### [Exercise brief]
Filter these entries, keeping only lines that hold the word "Protocol".

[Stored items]
-- ===== src/Protocol/TextCodec/Rejections.antt =====
-- Which word of a new order is at fault.
use sixchange.Base.{
  ℕ, ◌<◌, ◌≡◌, ◌⊎◌, inl, inr, refl, sym, ap, subst, ◌∙◌, Option, none, some, List, [], ◌∷◌, Bytes,
  Expected, value, unexpected, IsNumeral, if◌then◌else◌, not,
}
use sixchange.Core.Enums.{RejectReason}
use sixchange.Protocol.Messages.{OrderRejected}
use sixchange.Protocol.Cursor.{next, empty}
use sixchange.Protocol.Words.{words, empty-words}
use sixchange.Protocol.Parsing.{
  parse_side, parse_order_type, parse_time_in_force, side_text, order_type_text, time_in_force_text,
  parse_side-text, text-parse_side, parse_order_type-text, text-parse_order_type,
  parse_time_in_force-text, text-parse_time_in_force,
}
use sixchange.Protocol.TextCodec.{
  Decoder, decode_new_order, required, field, parsed, parse_positive, ◌>>=◌, reject,
}
use sixchange.Protocol.TextCodec.Reading.{
  parse_positive-IsNumeral, IsNumeral-parse_positive, required_read, required_none, >>=_step,
}

-- What holds of the rejection, if there is one.
abbrev pub Refuses : {A : Type 0} → (OrderRejected → Type 0) → Expected A OrderRejected → Type 0
Refuses R (value a) = Unit
Refuses R (unexpected r) = R r

abbrev pub anonymous : RejectReason → OrderRejected
anonymous reason = record { client_order_id = none; reason = reason }

abbrev pub IsPositive : Bytes → Type 0
IsPositive w = (n : ℕ) × IsNumeral w n × (0 < n)

abbrev pub AnyWord : Bytes → Type 0
AnyWord w = Unit

-- One of the texts.
abbrev pub IsText : {A : Type 0} → (A → Bytes) → Bytes → Type 0
IsText {A} text w = (x : A) × (w ≡ text x)

-- What a word must be, and the reason to refuse it if it is not.
abbrev pub Field : Type 1
Field = (Bytes → Type 0) × RejectReason

abbrev pub new_order_fields : List Field
new_order_fields =
    (IsPositive, RejectReason.invalid_message)
    ∷ (AnyWord, RejectReason.invalid_message)
    ∷ (IsText side_text, RejectReason.invalid_message)
    ∷ (IsText order_type_text, RejectReason.invalid_message)
    ∷ (IsText time_in_force_text, RejectReason.invalid_message)
    ∷ (IsPositive, RejectReason.invalid_price)
    ∷ (IsPositive, RejectReason.invalid_quantity)
    ∷ []

-- The reason for which words are refused as those fields: that of the first field that its word does
-- not suit, after good ones; a missing word and a word too many make a bad message.
abbrev pub Faulty : List Field → List Bytes → RejectReason → Type 0
Faulty [] [] reason = ⊥
Faulty [] (w ∷ ws) reason = reason ≡ RejectReason.invalid_message
Faulty (f ∷ fs) [] reason = reason ≡ RejectReason.invalid_message
Faulty (f ∷ fs) (w ∷ ws) reason = ((¬ f.0 w) × (reason ≡ f.1)) ⊎ (f.0 w × Faulty fs ws reason)

abbrev pub NamesFault : List Field → List Bytes → OrderRejected → Type 0
NamesFault fs ws r = (reason : RejectReason) × Faulty fs ws reason × (r ≡ anonymous reason)

-- What a step tells of the words: it reads one that suits its field, or there is none, or the one
-- there does not suit.
abbrev pub Outcome :
    {A : Type 0}
    → (Bytes → Type 0)
    → RejectReason
    → List Bytes
    → Expected (A × Bytes) OrderRejected
    → Type 0
Outcome Good reason ws (value (a, t)) = (w : Bytes) × (ws ≡ w ∷ words t) × Good w
Outcome Good reason ws (unexpected r) =
    ((ws ≡ []) × (r ≡ anonymous RejectReason.invalid_message))
    ⊎ ((w : Bytes) × (rest : List Bytes) × (ws ≡ w ∷ rest) × (¬ Good w) × (r ≡ anonymous reason))

Refuses-map :
    {A : Type 0} {R R' : OrderRejected → Type 0} (x : Expected A OrderRejected)
    → ((r : OrderRejected) → R r → R' r)
    → Refuses R x
    → Refuses R' x
Refuses-map (value a) f h = tt
Refuses-map (unexpected r) f h = f r h

module _ (Good : Bytes → Type 0) (reason : RejectReason) (fs : List Field) where
  of_outcome :
      (ws : List Bytes) (r : OrderRejected)
      → ((ws ≡ []) × (r ≡ anonymous RejectReason.invalid_message))
        ⊎ ((w : Bytes) × (rest : List Bytes) × (ws ≡ w ∷ rest)
            × (¬ Good w)
            × (r ≡ anonymous reason))
      → NamesFault ((Good, reason) ∷ fs) ws r
  of_outcome ws r (inl (none_left, e)) =
      subst (λ vs. NamesFault ((Good, reason) ∷ fs) vs r) (sym none_left)
        (RejectReason.invalid_message, refl, e)
  of_outcome ws r (inr (w, rest, e, bad, is)) =
      subst (λ vs. NamesFault ((Good, reason) ∷ fs) vs r) (sym e) (reason, inl (bad, refl), is)

  -- A step before others.
  chained :
      {A B : Type 0} (m : Decoder A) (f : A → Bytes → Expected B OrderRejected) (s : Bytes)
      → Outcome Good reason (words s) (m s)
      → ((a : A) (t : Bytes) → Refuses (NamesFault fs (words t)) (f a t))
      → Refuses (NamesFault ((Good, reason) ∷ fs) (words s)) ((m >>= f) s)
  unfolding ◌>>=◌
  chained {A} {B} m f s outcome later = by_step (m s) outcome
    where
      by_step :
          (x : Expected (A × Bytes) OrderRejected)
          → Outcome Good reason (words s) x
          → Refuses
              (NamesFault ((Good, reason) ∷ fs) (words s))
              (elim x [ value (a, rest) ↦ f a rest | unexpected r ↦ unexpected r ])
      by_step (value (a, t)) (w, e, good) =
          subst (λ vs. Refuses (NamesFault ((Good, reason) ∷ fs) vs) (f a t)) (sym e)
            (Refuses-map (f a t) (λ r (why, fault, is). (why, inr (good, fault), is)) (later a t))
      by_step (unexpected r) h = of_outcome (words s) r h

pub required-Outcome :
    (reason : RejectReason) (s : Bytes) → Outcome AnyWord reason (words s) (required s)
required-Outcome reason s = by_words (words s) refl
  where
    by_words : (ws : List Bytes) → words s ≡ ws → Outcome AnyWord reason ws (required s)
    by_words [] e = rw (required_none s e) (inl (refl, refl))
    by_words (w ∷ ws) e =
        let (read, rest) = required_read s w ws e in rw read (w, ap (λ vs. w ∷ vs) (sym rest), tt)

-- A parser that accepts exactly the good words.
abbrev pub Accepts : {A : Type 0} → (Bytes → Option A) → (Bytes → Type 0) → Type 0
Accepts {A} parse Good =
    ((w : Bytes) (a : A) → parse w ≡ some a → Good w) × ((w : Bytes) → parse w ≡ none → ¬ Good w)

>>=_fail :
    {A B : Type 0} (m : Decoder A) (f : A → Bytes → Expected B OrderRejected) (s : Bytes)
    (r : OrderRejected)
    → m s ≡ unexpected r
    → (m >>= f) s ≡ unexpected r
unfolding ◌>>=◌
>>=_fail m f s r e = rw (e, ◌>>=◌)

pub field-Outcome :
    {A : Type 0} (parse : Bytes → Option A) (Good : Bytes → Type 0) (reason : RejectReason)
    (s : Bytes)
    → Accepts parse Good
    → Outcome Good reason (words s) (field parse reason s)
unfolding field
field-Outcome {A} parse Good reason s accepts = by_words (words s) refl
  where
    by_parse :
        (w : Bytes) (ws : List Bytes) (t : Bytes)
        → ws ≡ words t
        → (o : Option A) → parse w ≡ o
        → Outcome Good reason (w ∷ ws) (parsed o reason t)
    by_parse w ws t e none p = unfold parsed in inr (w, ws, refl, accepts.1 w p, refl)
    by_parse w ws t e (some a) p = unfold parsed in (w, ap (λ vs. w ∷ vs) e, accepts.0 w a p)

    step : Bytes → Bytes → Expected (A × Bytes) OrderRejected
    step token = parsed (parse token) reason

    by_words : (ws : List Bytes) → words s ≡ ws → Outcome Good reason ws (field parse reason s)
    by_words [] e =
        subst (Outcome Good reason []) (sym (>>=_fail required step s _ (required_none s e)))
          (inl (refl, refl))
    by_words (w ∷ ws) e =
        let (read, rest) = required_read s w ws e in
        subst (Outcome Good reason (w ∷ ws)) (sym (>>=_step required step s w (next s).0 read))
          (by_parse w ws (next s).0 (sym rest) (parse w) refl)

pub parse_positive-Accepts : Accepts parse_positive IsPositive
parse_positive-Accepts = (
  λ w n e. let (numeral, positive) = IsNumeral-parse_positive w n e in (n, numeral, positive),
  λ w e (n, numeral, positive).
      let found = parse_positive-IsNumeral numeral positive in cc (found, e),
)

IsText-Accepts :
    {A : Type 0} (parse : Bytes → Option A) (text : A → Bytes)
    → ((w : Bytes) (a : A) → parse w ≡ some a → w ≡ text a)
    → ((a : A) → parse (text a) ≡ some a)
    → Accepts parse (IsText text)
IsText-Accepts parse text is found =
    (λ w a e. (a, is w a e), λ w e (a, h). let some_a = ap parse h ∙ found a in cc (some_a, e))

-- The fields behind each field.
abbrev from_quantity : List Field
from_quantity = (IsPositive, RejectReason.invalid_quantity) ∷ []

abbrev from_price : List Field
from_price = (IsPositive, RejectReason.invalid_price) ∷ from_quantity

abbrev from_tif : List Field
from_tif = (IsText time_in_force_text, RejectReason.invalid_message) ∷ from_price

abbrev from_type : List Field
from_type = (IsText order_type_text, RejectReason.invalid_message) ∷ from_tif

abbrev from_side : List Field
from_side = (IsText side_text, RejectReason.invalid_message) ∷ from_type

abbrev from_symbol : List Field
from_symbol = (AnyWord, RejectReason.invalid_message) ∷ from_side

pub decode_new_order-NamesFault :
    (s : Bytes) → Refuses (NamesFault new_order_fields (words s)) (decode_new_order s)
unfolding decode_new_order
decode_new_order-NamesFault s =
    chained IsPositive RejectReason.invalid_message from_symbol _ _ s
      (field-Outcome parse_positive _ _ s parse_positive-Accepts)
      (λ id s1.
        chained AnyWord RejectReason.invalid_message from_side _ _ s1 (required-Outcome _ s1)
          (λ symbol s2.
            chained (IsText side_text) RejectReason.invalid_message from_type _ _ s2
              (field-Outcome parse_side _ _ s2
                (IsText-Accepts parse_side side_text text-parse_side parse_side-text))
              (λ side s3.
                chained (IsText order_type_text) RejectReason.invalid_message from_tif _ _ s3
                  (field-Outcome parse_order_type _ _ s3 (
                    IsText-Accepts parse_order_type order_type_text text-parse_order_type
                      parse_order_type-text))
                  (λ order_type s4.
                    chained (IsText time_in_force_text) RejectReason.invalid_message from_price _ _
                      s4
                      (field-Outcome parse_time_in_force _ _ s4 (
                        IsText-Accepts parse_time_in_force time_in_force_text
                          text-parse_time_in_force parse_time_in_force-text))
                      (λ tif s5.
                        chained IsPositive RejectReason.invalid_price from_quantity _ _ s5
                          (field-Outcome parse_positive _ _ s5 parse_positive-Accepts)
                          (λ price s6.
                            chained IsPositive RejectReason.invalid_quantity [] _ _ s6
                              (field-Outcome parse_positive _ _ s6 parse_positive-Accepts)
                              (λ quantity s7. ended _ s7 (words s7) refl)))))))
  where
    ended :
        {B : Type 0} (b : B) (t : Bytes) (ws : List Bytes)
        → words t ≡ ws
        → Refuses
            (NamesFault [] (words t))
            (if not (empty t).1 then reject RejectReason.invalid_message else value b)
    ended b t [] e = rw (empty-words t, e) tt
    ended b t (w ∷ ws) e = rw (empty-words t, e) (RejectReason.invalid_message, refl, refl)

### [Answer to this problem]
-- ===== src/Protocol/TextCodec/Rejections.antt =====
use sixchange.Protocol.Messages.{OrderRejected}
use sixchange.Protocol.Cursor.{next, empty}
use sixchange.Protocol.Words.{words, empty-words}
use sixchange.Protocol.Parsing.{
use sixchange.Protocol.TextCodec.{
use sixchange.Protocol.TextCodec.Reading.{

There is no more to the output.